Marcantognini, S. A. M. (ed.) et al., Harmonic analysis and operator theory. A conference in honor of Mischa Cotlar, January 3-8, 1994, Caracas, Venezuela. Proceedings. Providence, RI: American Mathematical Society. Contemp. Math. 189, 95-101 (1995).
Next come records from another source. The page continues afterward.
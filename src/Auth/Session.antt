-- ===== src/Auth/Session.antt =====
-- Opening, resolving and ending browser sessions (internal/app/auth/auth.go). The hash of a session
-- id is a parameter, and so is the id that is drawn.
pub mod Sound
pub mod Compensation
pub mod Opened
use llm_proxy_backend.Prelude.{ℕ, ◌+◌, ◌*◌, Bool, false, Option, some, none, [], if◌then◌else◌}
use llm_proxy_backend.Prelude.Text.{Text}
use llm_proxy_backend.Identity.{User, can_sign_in}
use llm_proxy_backend.Store.{
  Op, Error, not_found, Result, ok, err, return, fail, require, read_clock, call, catch, ◌>>=◌,
  ◌>>◌,
}
use llm_proxy_backend.Store.Tables.{
  Session, AuditEvent, Action, auth_signout, Detail, of_sign_in, empty,
}
use llm_proxy_backend.Tokens.Repo.{user_by_id, record_event}
use llm_proxy_backend.Auth.Repo.{create_session, session_by_hash, delete_session}

-- Twelve hours, in nanoseconds.
abbrev pub session_ttl : ℕ
session_ttl = 12 * 3600 * 1000000000

pub record Meta : Type 0 where
  pub ip : Text
  pub user_agent : Text

abbrev pub session_event : ℕ → ℕ → Action → Detail → Text → Text → AuditEvent
session_event now user action detail ip user_agent = record {
  at = now;
  actor_id = user;
  action = action;
  target = user;
  detail = detail;
  ip = ip;
  user_agent = user_agent;
}

-- The compensation of a session whose opening could not be recorded: whatever becomes of it, the
-- caller gets the audit's error.
unfoldable pub drop_session : Text → Error → Op Session
drop_session hash cause = catch (delete_session hash) (λ _. fail cause) (λ _. fail cause)

module _ (hash_session : Text → Text) where
  unfoldable pub stored_session : User → Meta → Text → ℕ → Session
  stored_session user meta id now = record {
    id = [];
    id_hash = hash_session id;
    user_id = user.id;
    restricted = false;
    ip = meta.ip;
    user_agent = meta.user_agent;
    created_at = now;
    expires_at = now + session_ttl;
  }

  -- `open`. Drawing the id may fail.
  unfoldable pub open_session : User → Action → Meta → Text → Op Session
  unfolding stored_session
  open_session user action meta id = do
    now ← read_clock
    call (return tt)
    let stored = stored_session user meta id now
    create_session stored
    catch
        (record_event (
          session_event now user.id action (of_sign_in user.must_change_password) meta.ip
            meta.user_agent))
        (λ _. return (record stored { id = id })) (drop_session stored.id_hash)

  unfoldable pub resolve_session : Text → Op (Session × User)
  unfolding can_sign_in
  resolve_session id = do
    sess ← session_by_hash (hash_session id)
    user ← user_by_id sess.user_id
    require (can_sign_in user) not_found
    return (record sess { restricted = user.must_change_password }, user)

unfoldable pub sign_out : Session → Op (Unit {0})
sign_out sess = do
  delete_session sess.id_hash
  now ← read_clock
  record_event (session_event now sess.user_id auth_signout empty sess.ip sess.user_agent)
The paper gives some inequalities concerning the Besov-Lipschitz, and Triebel-Lizorkin spaces norms from above and from below. More precisely, let \(\varphi (x)\in S\) be such that \(\text{supp } \widehat {\varphi} \subset \{{1 \over 2}\leq |\xi |\leq 2\}\), \(|\widehat {\varphi} (\xi) |\geq c> 0\), for \({3\over 5}\leq |\xi|\leq {5\over 3}\), \(\varphi_t (x)= t^{-n} \varphi ({x\over t})\), \(t> 0\). For \(\alpha\in \mathbb{R}\), \(1\leq p,q\leq \infty\) define \[ |f|_{\dot F_p^{\alpha,q}}= \Biggl|\Biggl( \int_0^\infty (t^{- \alpha} |\varphi_t * f(x) |)^q {dt \over t} \biggr)^{1 \over q} \Biggr|_p, \qquad |f|_{\dot B_p^{\alpha, q}}= \Biggl( \int_0^\infty (t^{- \alpha} |\varphi_t * f|_p)^q {dt \over t} \Biggr)^{1\over q}. \] Let \(\mu\), \(\nu\) be two finite measures. Suppose that \(\mu\) is either compactly supported, or absolutely continuous with density in \(S\) (in symbols \(\mu\in S\)), and satisfies the standard Tauberian condition: \(\forall \xi\in \mathbb{R}^n\), \(\xi\neq 0\), \(\exists t>0\) such that \(\widehat {u} (t\xi) \neq 0\). Suppose that \(\nu\in S\) and has \(m_0\) vanishing moments \(\int x^\gamma d\nu=0\), \(\forall \gamma\), \(|\gamma |\leq m_0\). The two given theorems say, respectively, that \[ \begin{aligned} {1\over c} \Biggl( \int^\infty_0 (s^{-\alpha} |\nu_s * f|_p )^q {ds\over s} \Biggr)^{1 \over q} &\leq |f|_{\dot B_p^{\alpha, q}} \leq C\Biggl( \int^\infty_0 (s^{- \alpha} |\mu_s *f |_p)^q {ds \over s} \Biggr)^{1\over q},\\ {1\over c} \Biggl|\Biggl( \int^\infty_0 (s^{- \alpha} |\nu_s * f|)^q {ds \over s} \Biggr)^{1\over q} \Biggr|_p &\leq |f|_{\dot F_p^{\alpha, q}} \leq C\Biggl|\Biggl( \int_0^\infty (s^{-\alpha} |\mu_s * f(x) |^q {ds \over s} \Biggr)^{1 \over q} \Biggr|_p. \end{aligned} \] When \(\mu= \nu\), then the theorems provide new characterizations of the Besov-Lipschitz spaces and the Triebel-Lizorkin spaces.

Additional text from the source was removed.